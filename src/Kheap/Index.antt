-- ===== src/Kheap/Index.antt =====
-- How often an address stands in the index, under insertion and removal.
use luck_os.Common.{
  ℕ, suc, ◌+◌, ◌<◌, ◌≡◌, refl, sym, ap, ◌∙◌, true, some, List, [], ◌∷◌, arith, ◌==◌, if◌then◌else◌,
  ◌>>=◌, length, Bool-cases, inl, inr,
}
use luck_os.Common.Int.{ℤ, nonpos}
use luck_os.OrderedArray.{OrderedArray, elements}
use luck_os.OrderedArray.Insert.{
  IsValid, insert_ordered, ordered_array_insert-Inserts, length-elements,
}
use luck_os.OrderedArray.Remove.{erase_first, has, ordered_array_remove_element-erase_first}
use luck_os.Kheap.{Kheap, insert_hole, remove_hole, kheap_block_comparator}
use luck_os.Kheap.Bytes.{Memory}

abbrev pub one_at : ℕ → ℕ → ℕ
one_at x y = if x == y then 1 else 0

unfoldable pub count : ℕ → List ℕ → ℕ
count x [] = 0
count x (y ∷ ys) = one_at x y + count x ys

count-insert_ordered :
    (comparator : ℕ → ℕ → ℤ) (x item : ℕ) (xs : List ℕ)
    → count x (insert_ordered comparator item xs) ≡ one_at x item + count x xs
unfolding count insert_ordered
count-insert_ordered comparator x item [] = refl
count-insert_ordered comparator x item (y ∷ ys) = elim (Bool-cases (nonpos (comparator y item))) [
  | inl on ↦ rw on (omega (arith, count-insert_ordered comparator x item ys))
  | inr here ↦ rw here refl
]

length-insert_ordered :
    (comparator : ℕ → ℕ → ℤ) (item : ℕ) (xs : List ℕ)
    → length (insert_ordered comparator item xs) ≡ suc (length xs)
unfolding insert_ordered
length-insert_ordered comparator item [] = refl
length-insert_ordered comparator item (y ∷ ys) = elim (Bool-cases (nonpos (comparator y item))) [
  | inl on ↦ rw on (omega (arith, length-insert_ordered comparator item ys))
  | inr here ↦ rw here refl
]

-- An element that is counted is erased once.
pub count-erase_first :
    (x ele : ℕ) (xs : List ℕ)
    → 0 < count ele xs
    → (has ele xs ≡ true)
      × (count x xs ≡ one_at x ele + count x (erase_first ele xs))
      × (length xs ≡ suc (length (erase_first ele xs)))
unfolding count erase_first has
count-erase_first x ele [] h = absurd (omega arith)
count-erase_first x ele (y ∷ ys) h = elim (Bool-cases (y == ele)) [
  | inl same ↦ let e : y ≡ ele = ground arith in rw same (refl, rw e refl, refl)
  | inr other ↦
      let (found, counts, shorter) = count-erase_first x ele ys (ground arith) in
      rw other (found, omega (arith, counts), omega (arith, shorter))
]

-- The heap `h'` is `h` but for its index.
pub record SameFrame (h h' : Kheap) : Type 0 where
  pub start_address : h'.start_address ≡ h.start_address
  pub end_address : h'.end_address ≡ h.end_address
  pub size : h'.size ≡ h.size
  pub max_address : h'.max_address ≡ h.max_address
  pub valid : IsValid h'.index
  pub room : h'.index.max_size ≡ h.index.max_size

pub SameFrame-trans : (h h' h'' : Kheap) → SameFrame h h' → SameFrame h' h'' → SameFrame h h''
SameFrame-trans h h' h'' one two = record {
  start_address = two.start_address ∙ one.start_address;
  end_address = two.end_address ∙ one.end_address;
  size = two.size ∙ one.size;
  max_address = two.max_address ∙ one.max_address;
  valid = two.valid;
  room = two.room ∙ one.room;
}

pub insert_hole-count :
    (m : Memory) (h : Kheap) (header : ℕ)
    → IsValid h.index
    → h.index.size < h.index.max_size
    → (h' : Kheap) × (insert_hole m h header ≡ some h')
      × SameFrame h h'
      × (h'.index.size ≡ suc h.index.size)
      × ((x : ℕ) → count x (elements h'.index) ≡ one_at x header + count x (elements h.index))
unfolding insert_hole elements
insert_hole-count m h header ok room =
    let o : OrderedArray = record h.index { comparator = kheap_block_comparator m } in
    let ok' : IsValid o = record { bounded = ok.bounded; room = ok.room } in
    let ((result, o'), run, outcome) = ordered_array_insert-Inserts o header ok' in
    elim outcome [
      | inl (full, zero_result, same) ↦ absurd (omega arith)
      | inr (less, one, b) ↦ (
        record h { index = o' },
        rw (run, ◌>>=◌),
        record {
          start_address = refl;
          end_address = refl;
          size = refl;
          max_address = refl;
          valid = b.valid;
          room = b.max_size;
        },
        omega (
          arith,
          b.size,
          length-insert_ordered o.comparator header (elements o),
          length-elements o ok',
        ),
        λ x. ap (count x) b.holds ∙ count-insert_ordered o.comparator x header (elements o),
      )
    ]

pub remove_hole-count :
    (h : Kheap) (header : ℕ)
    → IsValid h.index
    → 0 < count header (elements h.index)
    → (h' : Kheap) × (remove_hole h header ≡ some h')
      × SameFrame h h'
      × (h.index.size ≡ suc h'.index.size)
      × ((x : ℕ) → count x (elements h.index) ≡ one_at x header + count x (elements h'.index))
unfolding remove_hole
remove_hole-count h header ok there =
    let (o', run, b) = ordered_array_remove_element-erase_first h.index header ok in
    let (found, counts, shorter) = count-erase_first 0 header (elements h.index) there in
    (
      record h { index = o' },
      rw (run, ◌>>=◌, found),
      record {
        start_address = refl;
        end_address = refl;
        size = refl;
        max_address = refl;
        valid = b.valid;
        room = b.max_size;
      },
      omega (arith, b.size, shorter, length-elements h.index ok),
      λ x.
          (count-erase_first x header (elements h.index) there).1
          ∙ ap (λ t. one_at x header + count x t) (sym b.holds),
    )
* * * * * * *
Give back every entry exactly.

▸ OUTPUT
filename src/Kheap/Index.antt
-- ===== src/Kheap/Index.antt =====
-- How often an address stands in the index, under insertion and removal.
use luck_os.Common.{
  ℕ, suc, ◌+◌, ◌<◌, ◌≡◌, refl, sym, ap, ◌∙◌, true, some, List, [], ◌∷◌, arith, ◌==◌, if◌then◌else◌,
  ◌>>=◌, length, Bool-cases, inl, inr,
}
use luck_os.Common.Int.{ℤ, nonpos}
use luck_os.OrderedArray.{OrderedArray, elements}
use luck_os.OrderedArray.Insert.{
  IsValid, insert_ordered, ordered_array_insert-Inserts, length-elements,
}
use luck_os.OrderedArray.Remove.{erase_first, has, ordered_array_remove_element-erase_first}
use luck_os.Kheap.{Kheap, insert_hole, remove_hole, kheap_block_comparator}
use luck_os.Kheap.Bytes.{Memory}

abbrev pub one_at : ℕ → ℕ → ℕ
one_at x y = if x == y then 1 else 0

unfoldable pub count : ℕ → List ℕ → ℕ
count x [] = 0
count x (y ∷ ys) = one_at x y + count x ys

count-insert_ordered :
    (comparator : ℕ → ℕ → ℤ) (x item : ℕ) (xs : List ℕ)
    → count x (insert_ordered comparator item xs) ≡ one_at x item + count x xs
unfolding count insert_ordered
count-insert_ordered comparator x item [] = refl
count-insert_ordered comparator x item (y ∷ ys) = elim (Bool-cases (nonpos (comparator y item))) [
  | inl on ↦ rw on (omega (arith, count-insert_ordered comparator x item ys))
  | inr here ↦ rw here refl
]

length-insert_ordered :
    (comparator : ℕ → ℕ → ℤ) (item : ℕ) (xs : List ℕ)
    → length (insert_ordered comparator item xs) ≡ suc (length xs)
unfolding insert_ordered
length-insert_ordered comparator item [] = refl
length-insert_ordered comparator item (y ∷ ys) = elim (Bool-cases (nonpos (comparator y item))) [
  | inl on ↦ rw on (omega (arith, length-insert_ordered comparator item ys))
  | inr here ↦ rw here refl
]

-- An element that is counted is erased once.
pub count-erase_first :
    (x ele : ℕ) (xs : List ℕ)
    → 0 < count ele xs
    → (has ele xs ≡ true)
      × (count x xs ≡ one_at x ele + count x (erase_first ele xs))
      × (length xs ≡ suc (length (erase_first ele xs)))
unfolding count erase_first has
count-erase_first x ele [] h = absurd (omega arith)
count-erase_first x ele (y ∷ ys) h = elim (Bool-cases (y == ele)) [
  | inl same ↦ let e : y ≡ ele = ground arith in rw same (refl, rw e refl, refl)
  | inr other ↦
      let (found, counts, shorter) = count-erase_first x ele ys (ground arith) in
      rw other (found, omega (arith, counts), omega (arith, shorter))
]

-- The heap `h'` is `h` but for its index.
pub record SameFrame (h h' : Kheap) : Type 0 where
  pub start_address : h'.start_address ≡ h.start_address
  pub end_address : h'.end_address ≡ h.end_address
  pub size : h'.size ≡ h.size
  pub max_address : h'.max_address ≡ h.max_address
  pub valid : IsValid h'.index
  pub room : h'.index.max_size ≡ h.index.max_size

pub SameFrame-trans : (h h' h'' : Kheap) → SameFrame h h' → SameFrame h' h'' → SameFrame h h''
SameFrame-trans h h' h'' one two = record {
  start_address = two.start_address ∙ one.start_address;
  end_address = two.end_address ∙ one.end_address;
  size = two.size ∙ one.size;
  max_address = two.max_address ∙ one.max_address;
  valid = two.valid;
  room = two.room ∙ one.room;
}

pub insert_hole-count :
    (m : Memory) (h : Kheap) (header : ℕ)
    → IsValid h.index
    → h.index.size < h.index.max_size
    → (h' : Kheap) × (insert_hole m h header ≡ some h')
      × SameFrame h h'
      × (h'.index.size ≡ suc h.index.size)
      × ((x : ℕ) → count x (elements h'.index) ≡ one_at x header + count x (elements h.index))
unfolding insert_hole elements
insert_hole-count m h header ok room =
    let o : OrderedArray = record h.index { comparator = kheap_block_comparator m } in
    let ok' : IsValid o = record { bounded = ok.bounded; room = ok.room } in
    let ((result, o'), run, outcome) = ordered_array_insert-Inserts o header ok' in
    elim outcome [
      | inl (full, zero_result, same) ↦ absurd (omega arith)
      | inr (less, one, b) ↦ (
        record h { index = o' },
        rw (run, ◌>>=◌),
        record {
          start_address = refl;
          end_address = refl;
          size = refl;
          max_address = refl;
          valid = b.valid;
          room = b.max_size;
        },
        omega (
          arith,
          b.size,
          length-insert_ordered o.comparator header (elements o),
          length-elements o ok',
        ),
        λ x. ap (count x) b.holds ∙ count-insert_ordered o.comparator x header (elements o),
      )
    ]

pub remove_hole-count :
    (h : Kheap) (header : ℕ)
    → IsValid h.index
    → 0 < count header (elements h.index)
    → (h' : Kheap) × (remove_hole h header ≡ some h')
      × SameFrame h h'
      × (h.index.size ≡ suc h'.index.size)
      × ((x : ℕ) → count x (elements h.index) ≡ one_at x header + count x (elements h'.index))
unfolding remove_hole
remove_hole-count h header ok there =
    let (o', run, b) = ordered_array_remove_element-erase_first h.index header ok in
    let (found, counts, shorter) = count-erase_first 0 header (elements h.index) there in
    (
      record h { index = o' },
      rw (run, ◌>>=◌, found),
      record {
        start_address = refl;
        end_address = refl;
        size = refl;
        max_address = refl;
        valid = b.valid;
        room = b.max_size;
      },
      omega (arith, b.size, shorter, length-elements h.index ok),
      λ x.
          (count-erase_first x header (elements h.index) there).1
          ∙ ap (λ t. one_at x header + count x t) (sym b.holds),
    )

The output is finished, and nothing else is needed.